## DATA SHOWN
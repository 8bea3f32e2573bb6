-- ===== src/Chat/Service/Replay.antt =====
-- A message that is sent again with its key in src/modules/chat/chat.service.ts.
use chattea_be.Prelude.{
  ℕ, ◌≡◌, true, false, ◌||◌, none, some, [], ◌∷◌, ◌++◌, arith, ltb, find?, any, length,
  Option-cases, inl, inr, find?-snoc, any-of_none,
}
use chattea_be.Prelude.Text.{Text, trim, text_eq, text_eq_refl}
use chattea_be.Prelude.Action.{ok}
use chattea_be.Postgres.{UuidText}
use chattea_be.Uuid.{is_uuid}
use chattea_be.Chat.Types.{Message, ChatDb}
use chattea_be.Chat.Repository.{
  has_key, is_member, create_message, touch_room, new_message, MessageInput, Created,
}
use chattea_be.Chat.Service.{
  SendInput, send_message, send_new, announce, notify_members, require_room_member,
  validate_idempotency_key,
}

module _ (pg : UuidText) where
  open pg use {uuid_in}

  announce-lem :
      (room_id user_id text : Text) (result : Created) (m : Message) (db : ChatDb)
      → ((announce pg room_id user_id text result m db).0 ≡ ok m)
        × ((announce pg room_id user_id text result m db).1.messages ≡ db.messages)
        × ((announce pg room_id user_id text result m db).1.room_members ≡ db.room_members)
  unfolding announce notify_members
  announce-lem room_id user_id text result m db = (ground arith, ground arith, ground arith)

  abbrev input_of : Text → Text → Text → Text → MessageInput
  input_of user room text key = record {
    room_id = uuid_in room;
    sender_user_id = uuid_in user;
    text = text;
    idempotency_key = some key;
  }

  creates :
      (id now : ℕ) (user room text key : Text) (db : ChatDb)
      → find? (has_key key (uuid_in room) (uuid_in user)) db.messages ≡ none
      → let n = new_message id now (input_of user room text key) in
        let made = create_message id now (input_of user room text key) db in
        (made.0 ≡ ok (record { message = some n; created = true }))
        × (made.1.messages ≡ db.messages ++ n ∷ [])
        × (made.1.room_members ≡ db.room_members)
        × (find? (has_key key (uuid_in room) (uuid_in user)) (db.messages ++ n ∷ []) ≡ some n)
  unfolding create_message touch_room
  creates id now user room text key db new =
      let n : Message = new_message id now (input_of user room text key) in
      (
        ground arith,
        ground arith,
        ground arith,
        ground (
          arith,
          find?-snoc (has_key key (uuid_in room) (uuid_in user)) db.messages n,
          any-of_none (has_key key (uuid_in room) (uuid_in user)) db.messages new,
          text_eq_refl key,
        ),
      )

  -- After a send, the message is the one with its key, and it is not deleted.
  sent :
      (id now : ℕ) (user room text key : Text) (db : ChatDb) (m : Message)
      → find? (has_key key (uuid_in room) (uuid_in user)) db.messages ≡ none
      → (send_new pg id now user room text (some key) db).0 ≡ ok m
      → let after = (send_new pg id now user room text (some key) db).1 in
        (find? (has_key key (uuid_in room) (uuid_in user)) after.messages ≡ some m)
        × (m.deleted_at ≡ none)
        × (after.room_members ≡ db.room_members)
  unfolding send_new
  sent id now user room text key db m new h =
      let n : Message = new_message id now (input_of user room text key) in
      let made : ChatDb = (create_message id now (input_of user room text key) db).1 in
      let told = announce-lem room user text (record { message = some n; created = true }) n made in
      let created = creates id now user room text key db new in
      (ground (arith, told, created), ground (arith, told, created), ground (arith, told, created))

  -- The checks that a send passes.
  passed :
      (id now : ℕ) (user : Text) (input : SendInput) (key : Text) (db : ChatDb) (m : Message)
      → input.idempotency_key ≡ some key
      → (send_message pg id now user input db).0 ≡ ok m
      → ((text_eq (trim input.text) [] || ltb 90 (length (trim input.text))) ≡ false)
        × ((text_eq (trim key) [] || ltb 128 (length (trim key))) ≡ false)
        × (is_uuid input.room_id ≡ true)
        × (any (is_member (uuid_in input.room_id) (uuid_in user)) db.room_members ≡ true)
  unfolding send_message require_room_member validate_idempotency_key
  passed id now user input key db m e h = (ground arith, ground arith, ground arith, ground arith)

  -- A table that has the message of a key answers the key with it.
  answers :
      (id now : ℕ) (user : Text) (input : SendInput) (key : Text) (db : ChatDb) (m : Message)
      → input.idempotency_key ≡ some key
      → (text_eq (trim input.text) [] || ltb 90 (length (trim input.text))) ≡ false
      → (text_eq (trim key) [] || ltb 128 (length (trim key))) ≡ false
      → is_uuid input.room_id ≡ true
      → any (is_member (uuid_in input.room_id) (uuid_in user)) db.room_members ≡ true
      → find? (has_key (trim key) (uuid_in input.room_id) (uuid_in user)) db.messages ≡ some m
      → m.deleted_at ≡ none
      → send_message pg id now user input db ≡ (ok m, db)
  unfolding send_message require_room_member validate_idempotency_key
  answers id now user input key db m e text key_ok room member found live = ground arith

  -- What a send leaves: the message that it answers with, under its key, not deleted.
  left_by :
      (id now : ℕ) (user : Text) (input : SendInput) (key : Text) (db : ChatDb) (m : Message)
      → input.idempotency_key ≡ some key
      → (send_message pg id now user input db).0 ≡ ok m
      → let after = (send_message pg id now user input db).1 in
        (find? (has_key (trim key) (uuid_in input.room_id) (uuid_in user)) after.messages ≡ some m)
        × (m.deleted_at ≡ none)
        × (after.room_members ≡ db.room_members)
  unfolding send_message require_room_member validate_idempotency_key
  left_by id now user input key db m e h =
      elim (Option-cases
        (find? (has_key (trim key) (uuid_in input.room_id) (uuid_in user)) db.messages)) [
          | inr (x, f) ↦ (ground arith, ground arith, ground arith)
          | inl f ↦
              let s = sent id now user input.room_id (trim input.text) (trim key) db m f in
              (ground (arith, s), ground (arith, s), ground (arith, s))
        ]

  -- When a message was sent with a key, sending it again, with the same key, to the same room, by
  -- the same user, directly after, at whatever time, answers with the same message, and changes
  -- nothing: no message is added, no subscriber is told and no notification is asked for.
  pub resend_changes_nothing :
      (id now later_id later : ℕ) (user : Text) (input : SendInput) (key : Text) (db : ChatDb)
      (m : Message)
      → input.idempotency_key ≡ some key
      → (send_message pg id now user input db).0 ≡ ok m
      → send_message pg later_id later user input (send_message pg id now user input db).1
        ≡ (ok m, (send_message pg id now user input db).1)
  resend_changes_nothing id now later_id later user input key db m e h =
      let (text, key_ok, room, member) = passed id now user input key db m e h in
      let (found, live, members) = left_by id now user input key db m e h in
      answers later_id later user input key (send_message pg id now user input db).1 m e text key_ok
        room (ground (arith, member, members)) found live
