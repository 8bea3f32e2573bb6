-- ===== src/Chat/Tests.antt =====
-- The theorems about chat at concrete rooms.
use chattea_be.Prelude.{
  ℕ, ◌≡◌, refl, none, some, List, [], ◌∷◌, find?, any, select, count, update_where,
}
use chattea_be.Prelude.Text.{Text, codes, text_eq, trim, trim_start, is_space}
use chattea_be.Prelude.Action.{ok}
use chattea_be.Postgres.{UuidText}
use chattea_be.Uuid.{is_uuid, hex_run}
use chattea_be.Chat.Types.{Message, ChatDb}
use chattea_be.Chat.Repository.{create_message, touch_room}
use chattea_be.Chat.Repository.Marker.{mark_all, Kept, marker_never_goes_back}
use chattea_be.Chat.Service.{
  SendInput, send_message, send_new, announce, notify_members, require_room_member,
  validate_idempotency_key,
}
use chattea_be.Chat.Service.Author.{send, delete, written_by, run_all, others_change_nothing}
use chattea_be.Chat.Service.Replay.{resend_changes_nothing}

-- A database that tells ids apart by their first code unit.
abbrev first_code : Text → ℕ
first_code [] = 0
first_code (c ∷ s) = c

abbrev one_code : UuidText
one_code = record { uuid_in = first_code; uuid_out = λ n. n ∷ []; uuid_in-uuid_out = λ n. refl }

abbrev room : Text
room = codes "a0000000-0000-4000-8000-000000000000"

abbrev ann : Text
ann = codes "b0000000-0000-4000-8000-000000000000"

abbrev two_members : ChatDb
two_members = record {
  rooms = [];
  room_members = record { room_id = 97; user_id = 98 } ∷ record { room_id = 97; user_id = 99 } ∷ [];
  messages = [];
  receipts =
      record { room_id = 97; user_id = 98; last_read_message_id = some 1; read_at = 10 } ∷ [];
  blocks = [];
  reports = [];
  events = [];
  notices = [];
}

abbrev hello : SendInput
hello = record { room_id = room; text = codes " hi "; idempotency_key = some (codes "k") }

abbrev hello_message : Message
hello_message = record {
  id = 1;
  room_id = 97;
  sender_user_id = some 98;
  text = codes "hi";
  idempotency_key = some (codes "k");
  deleted_at = none;
  created_at = 5;
}

resend_changes_nothing_example :
    send_message one_code 2 9 ann hello (send_message one_code 1 5 ann hello two_members).1
    ≡ (ok hello_message, (send_message one_code 1 5 ann hello two_members).1)
unfolding send_message send_new announce notify_members require_room_member validate_idempotency_key
    create_message touch_room is_uuid hex_run text_eq trim trim_start is_space any find? count
    select update_where
resend_changes_nothing_example =
    resend_changes_nothing one_code 1 5 2 9 ann hello (codes "k") two_members hello_message refl
      refl

others_change_nothing_example :
    written_by 99
      (run_all one_code (send 1 5 ann hello ∷ delete 6 ann (codes "1") ∷ []) two_members).messages
    ≡ written_by 99 []
others_change_nothing_example =
    others_change_nothing one_code 99 (send 1 5 ann hello ∷ delete 6 ann (codes "1") ∷ [])
      two_members refl

abbrev at : ℕ → List Message
at t = record hello_message { created_at = t } ∷ []

marker_never_goes_back_example :
    Kept 97 98
      (record { room_id = 97; user_id = 98; last_read_message_id = some 1; read_at = 10 })
      (mark_all
        (record { room_id = 97; user_id = 98; messages = at 20 }
          ∷ record { room_id = 97; user_id = 98; messages = at 15 }
          ∷ record { room_id = 97; user_id = 98; messages = [] }
          ∷ [])
        two_members).receipts
unfolding find?
marker_never_goes_back_example =
    marker_never_goes_back 97 98
      (record { room_id = 97; user_id = 98; messages = at 20 }
        ∷ record { room_id = 97; user_id = 98; messages = at 15 }
        ∷ record { room_id = 97; user_id = 98; messages = [] }
        ∷ [])
      two_members
      (record { room_id = 97; user_id = 98; last_read_message_id = some 1; read_at = 10 }) refl
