-- ===== src/Maintenance.antt =====
-- src/maintenance: the jobs that run every minute in one process at a time.
pub mod Lock
pub mod Runner
mod Tests
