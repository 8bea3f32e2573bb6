-- ===== src/Maintenance/Lock.antt =====
-- src/maintenance/maintenance-lock.service.ts. What the pool and PostgreSQL answer is a parameter;
-- a client that is destroyed ends its session, and with it the session's advisory locks.
use chattea_be.Prelude.{ℕ, ◌≡◌, Bool, true, false, not, ◌+◌, ◌-◌, if◌then◌else◌, arith}
use chattea_be.Prelude.Action.{Result, ok, err, Action}

pub data Outcome : Type 0 where
  acquired skipped : Outcome

-- `services` is what the jobs work on, `clients` counts the clients out of the pool, and
-- `holds_lock` says whether this process has the advisory lock.
pub record World (S : Type 0) : Type 0 where
  pub services : S
  pub clients : ℕ
  pub holds_lock : Bool

-- The answers to one call: of `connect`, of the query for the lock and of the query that unlocks.
pub record Answers (E : Type 0) : Type 0 where
  pub connects : Result E Unit
  pub locks : Result E Bool
  pub unlocks : Result E Bool

-- `client.release(destroy)`
abbrev pub release : {S : Type 0} → Bool → World S → World S
release destroy w = record w {
  clients = w.clients - 1;
  holds_lock = if destroy then false else w.holds_lock;
}

abbrev pub does_unlock : {E : Type 0} → Result E Bool → Bool
does_unlock (ok b) = b
does_unlock (err e) = false

-- The error of the task goes before the error of the unlock.
abbrev pub outcome_of : {E : Type 0} → Result E Unit → Result E Bool → Result E Outcome
outcome_of (err e) unlocked = err e
outcome_of (ok u) (err e) = err e
outcome_of (ok u) (ok b) = ok acquired

module _ {S E : Type 0} where
  -- The lock is there: the task, the unlock, and the client back to the pool.
  unfoldable pub with_lock :
      Answers E → Action E (World S) Unit → World S → Result E Outcome × World S
  with_lock answers task w =
      let (result, done) = task (record w { holds_lock = true }) in
      let unlocked = does_unlock answers.unlocks in
      (
        outcome_of result answers.unlocks,
        release (not unlocked)
            (record done { holds_lock = if unlocked then false else done.holds_lock }),
      )

  unfoldable pub run_exclusive : Answers E → Action E (World S) Unit → Action E (World S) Outcome
  run_exclusive answers task w = elim answers.connects [
    | err e ↦ (err e, w)
    | ok u ↦
        let connected : World S = record w { clients = w.clients + 1 } in
        elim answers.locks [
          | err e ↦ (err e, release false connected)
          | ok b ↦
              if b then with_lock answers task connected else (ok skipped, release false connected)
        ]
  ]

  -- A call, whatever is answered and however the task ends, leaves this process without the lock
  -- and gives its client back, when it did not have the lock before and the task gives back its
  -- clients.
  pub run_exclusive_releases :
      (answers : Answers E) (task : Action E (World S) Unit) (w : World S)
      → w.holds_lock ≡ false
      → ((v : World S) → (task v).1.clients ≡ v.clients)
      → ((run_exclusive answers task w).1.holds_lock ≡ false)
        × ((run_exclusive answers task w).1.clients ≡ w.clients)
  unfolding run_exclusive with_lock
  run_exclusive_releases answers task w free back =
      (ground arith, ground (arith, back (record w { clients = w.clients + 1; holds_lock = true })))
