-- ===== src/Notification/Types.antt =====
-- The tables of src/modules/database/schema.ts that src/modules/notification reads and writes, and
-- push-delivery.types.ts. Columns that no query reads (updatedAt) are left out.
use chattea_be.Prelude.{ℕ, Bool, true, false, ◌||◌, Option, List, ◌*◌}
use chattea_be.Prelude.Text.{Text}
use chattea_be.Notification.{NotifyRequest}

pub data PushStatus : Type 0 where
  queued sending receipt_pending receipt_checking : PushStatus
  delivered failed_permanent exhausted cancelled : PushStatus

pub record PushJob : Type 0 where
  pub id : ℕ
  pub notification_id : ℕ
  pub push_token_id : Option ℕ
  pub token_snapshot : Text
  pub title : Text
  pub body : Text
  pub route : Option Text
  pub status : PushStatus
  pub ticket_id : Option Text
  pub send_attempts : ℕ
  pub receipt_attempts : ℕ
  pub next_attempt_at : ℕ
  pub receipt_available_at : Option ℕ
  pub lease_expires_at : Option ℕ
  pub last_error_code : Option Text
  pub last_error_message : Option Text
  pub sent_at : Option ℕ
  pub completed_at : Option ℕ
  pub created_at : ℕ

pub record PushToken : Type 0 where
  pub id : ℕ
  pub user_id : ℕ
  pub device_id : ℕ
  pub token : Text
  pub platform : Text

pub record Notice : Type 0 where
  pub id : ℕ
  pub user_id : ℕ
  pub request : NotifyRequest
  pub read_at : Option ℕ
  pub created_at : ℕ

pub record NotificationDb : Type 0 where
  pub notifications : List Notice
  pub tokens : List PushToken
  pub outbox : List PushJob

pub data NotificationError : Type 0 where
  push_ticket_invalid push_retry_time_required push_token_device_conflict : NotificationError
  push_batch_limit_invalid push_token_invalid push_platform_invalid : NotificationError
  -- what PostgreSQL throws for a ticket or a token that another row has
  unique_violation : NotificationError

pub data SendKind : Type 0 where
  accepted retry permanent gave_up : SendKind

pub record SendResult : Type 0 where
  pub id : ℕ
  pub attempt : ℕ
  pub kind : SendKind
  pub ticket_id : Option Text
  pub receipt_available_at : Option ℕ
  pub next_attempt_at : Option ℕ
  pub error_code : Option Text
  pub error_message : Option Text
  pub invalidate_push_token_id : Option ℕ

pub data ReceiptKind : Type 0 where
  arrived retry_receipt receipt_permanent receipt_gave_up : ReceiptKind

pub record ReceiptResult : Type 0 where
  pub id : ℕ
  pub attempt : ℕ
  pub kind : ReceiptKind
  pub next_attempt_at : Option ℕ
  pub error_code : Option Text
  pub error_message : Option Text
  pub invalidate_push_token_id : Option ℕ

pub record BatchResult : Type 0 where
  pub claimed : ℕ
  pub succeeded : ℕ
  pub retry_scheduled : ℕ
  pub permanently_failed : ℕ
  pub has_more : Bool

abbrev pub max_messages_per_request : ℕ
max_messages_per_request = 100

abbrev pub receipt_delay_ms : ℕ
receipt_delay_ms = 15 * 60 * 1000

abbrev pub push_lease_ms : ℕ
push_lease_ms = 60 * 1000

abbrev pub max_send_attempts : ℕ
max_send_attempts = 5

abbrev pub max_receipt_attempts : ℕ
max_receipt_attempts = 8

abbrev pub is_sending : PushStatus → Bool
is_sending sending = true
is_sending _ = false

abbrev pub is_queued : PushStatus → Bool
is_queued queued = true
is_queued _ = false

abbrev pub is_receipt_pending : PushStatus → Bool
is_receipt_pending receipt_pending = true
is_receipt_pending _ = false

abbrev pub is_receipt_checking : PushStatus → Bool
is_receipt_checking receipt_checking = true
is_receipt_checking _ = false

-- IN_FLIGHT_PUSH_STATUSES
abbrev pub is_in_flight : PushStatus → Bool
is_in_flight s = is_sending s || is_receipt_pending s || is_receipt_checking s

-- OPEN_PUSH_STATUSES
abbrev pub is_open : PushStatus → Bool
is_open s = is_queued s || is_in_flight s

abbrev pub is_accepted : SendResult → Bool
is_accepted r = elim r.kind [
  | accepted ↦ true
  | retry ↦ false
  | permanent ↦ false
  | gave_up ↦ false
]
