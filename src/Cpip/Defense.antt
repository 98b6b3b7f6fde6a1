-- ===== src/Cpip/Defense.antt =====
-- `ITFDefense` of backend/cpip_provider.py: the probes, the blocked addresses and the check of a
-- request.
use minima_pi_net_os.Prelude.{
  text_eq, str_eq, ℕ, ◌+◌, ◌*◌, ◌/◌, min, String, Str, codes, Bool, true, false, not, ◌&&◌, ◌||◌,
  Option, none, some, List, [], ◌∷◌, ◌++◌, map, length, keep, any, take, ltb, leb, ◌==◌,
  if◌then◌else◌,
}
use minima_pi_net_os.Prelude.Text.{contains, lower, upper}
use minima_pi_net_os.Prelude.Sorting.{sort_by}
use minima_pi_net_os.Dict.{Dict, keys, get, put, remove}
use minima_pi_net_os.Dict.Distinct.{remove_all, keys_where}
use minima_pi_net_os.RateLimiter.{live, timestamps}

-- The settings of the environment; `day` is the ticks of 86400 seconds.
pub record Settings : Type 0 where
  pub enabled : Bool
  pub rate_limit : ℕ
  pub rate_window : ℕ
  pub blacklist_ttl : ℕ
  pub max_blacklist : ℕ
  pub day : ℕ

abbrev pub scanner_paths : List Str
scanner_paths = map codes (
    "/admin" ∷ "/wp-admin" ∷ "/wp-login" ∷ "/wp-" ∷ "/.env" ∷ "/phpmyadmin" ∷ "/shell" ∷ "/cmd"
    ∷ "/exec" ∷ "/backdoor" ∷ "/login" ∷ "/setup" ∷ "/install" ∷ "/manager" ∷ "/console"
    ∷ "/xmlrpc.php" ∷ "/.git" ∷ "/config" ∷ "/backup" ∷ "/database" ∷ "/db" ∷ "/sql" ∷ [])

abbrev pub pentest_tools : List Str
pentest_tools = map codes (
    "burp" ∷ "nmap" ∷ "sqlmap" ∷ "nikto" ∷ "gobuster" ∷ "dirb" ∷ "ffuf" ∷ "wfuzz" ∷ "openvas"
    ∷ "nessus" ∷ "masscan" ∷ "zap" ∷ "arachni" ∷ "w3af" ∷ "metasploit" ∷ "acunetix" ∷ "nuclei"
    ∷ "hydra" ∷ "wpscan" ∷ [])

abbrev pub info_tools : List Str
info_tools = map codes ("curl" ∷ "wget" ∷ "python-requests" ∷ "go-http" ∷ "okhttp" ∷ [])

pub record Block : Type 0 where
  pub expires : ℕ
  pub ttl : ℕ

pub record Defense : Type 0 where
  pub blacklist : Dict String Block
  pub probe_counts : Dict String (List ℕ)

abbrev pub is_loopback : String → Bool
is_loopback addr = addr == "127.0.0.1" || (addr == "::1" || addr == "localhost")

-- An entry is dropped when it is looked at after its end.
abbrev pub entry_state : ℕ → String → Option Block → Defense → Bool × Defense
entry_state now addr none d = (false, d)
entry_state now addr (some entry) d =
    if ltb entry.expires now
    then (false, record d { blacklist = remove addr d.blacklist })
    else (true, d)

unfoldable pub is_blacklisted : ℕ → String → Defense → Bool × Defense
is_blacklisted now addr d =
    if is_loopback addr then (false, d) else entry_state now addr (get addr d.blacklist) d

-- `expires` of an item of the dictionary
abbrev pub expiry : String × Block → ℕ
expiry e = e.1.expires

-- The half of the blocks that end first is dropped.
unfoldable pub evict : Dict String Block → Dict String Block
evict d = remove_all (keys (take (length d / 2) (sort_by expiry d))) d

module _ (s : Settings) where
  abbrev pub counts_of : ℕ → String → Defense → List ℕ
  counts_of now addr d = keep (live s.rate_window now) (timestamps addr d.probe_counts) ++ now ∷ []

  abbrev pub ttl_of : List ℕ → ℕ
  ttl_of counts =
      min (if ltb s.rate_limit (length counts) then s.blacklist_ttl * 2 else s.blacklist_ttl) s.day

  abbrev pub bounded : Dict String Block → Dict String Block
  bounded d = if ltb s.max_blacklist (length d) then evict d else d

  abbrev pub block_of : ℕ → ℕ → Block
  block_of now ttl = record { expires = now + ttl; ttl = ttl }

  unfoldable pub blacklist_addr : ℕ → String → Defense → Defense
  blacklist_addr now addr d =
      let counts = counts_of now addr d in
      if is_loopback addr then d else record {
        blacklist = bounded (put addr (block_of now (ttl_of counts)) d.blacklist);
        probe_counts = put addr counts d.probe_counts;
      }

unfoldable pub whitelist_addr : String → Defense → Defense
whitelist_addr addr d = record {
  blacklist = remove addr d.blacklist;
  probe_counts = remove addr d.probe_counts;
}

abbrev pub clear_blacklist : Defense → Defense
clear_blacklist d = record { blacklist = []; probe_counts = [] }

unfoldable pub get_blacklist : ℕ → Defense → List String
get_blacklist now d = keys_where (λ e. ltb now (expiry e)) d.blacklist

-- The order in which the set is gone through does not matter to the callers.
unfoldable pub detect_tools : Str → List Str
detect_tools user_agent = keep (λ tool. contains tool (lower user_agent)) pentest_tools

abbrev first_in : Str → List Str → Option Str
first_in ua [] = none
first_in ua (tool ∷ more) =
    let rest = first_in ua more in if contains tool ua then some tool else rest

unfoldable pub is_info_tool : Str → Option Str
is_info_tool user_agent = first_in (lower user_agent) info_tools

-- `score += n` under a test
abbrev pub scored : Bool → ℕ → ℕ
scored true n = n
scored false n = 0

abbrev pub is_given : List Str → Bool
is_given [] = false
is_given (tool ∷ more) = true

unfoldable pub hits_scanner_path : Str → Bool
hits_scanner_path path = any (λ scanner_path. contains scanner_path (lower path)) scanner_paths

-- What of a request the defence looks at; `accept_additions` is that header where there is one.
pub record Request : Type 0 where
  pub path : Str
  pub method : Str
  pub user_agent : Str
  pub accept_additions : Option Str

-- `bool(headers and headers.get("accept-additions"))`
abbrev pub has_additions : Option Str → Bool
has_additions none = false
has_additions (some []) = false
has_additions (some (c ∷ t)) = true

module _ (s : Settings) where
  unfoldable pub probe_check : Str → Str → Str → Bool → Bool
  probe_check path method user_agent has_accept_additions =
      s.enabled
      && leb 2 (
          scored (hits_scanner_path path) 3
          + (scored (not has_accept_additions && upper method == codes "BREW") 1
              + scored (is_given (detect_tools user_agent)) 2))

  abbrev pub is_probe : Request → Bool
  is_probe r = probe_check r.path r.method r.user_agent (has_additions r.accept_additions)

  abbrev pub judged : ℕ → String → Request → Bool × Defense → Bool × Defense
  judged now addr r (true, d) = (true, d)
  judged now addr r (false, d) =
      if is_probe r then (true, blacklist_addr s now addr d) else (false, d)

  unfoldable pub check_request : ℕ → String → Request → Defense → Bool × Defense
  check_request now addr r d =
      if s.enabled then judged now addr r (is_blacklisted now addr d) else (false, d)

## WORK REQUIRED
If a line of the records above holds the word "unlocks", show it.

## EXERCISE RESULT
-- The answers to one call: of `connect`, of the query for the lock and of the query that unlocks.
  pub unlocks : Result E Bool
      let unlocked = does_unlock answers.unlocks in
        outcome_of result answers.unlocks,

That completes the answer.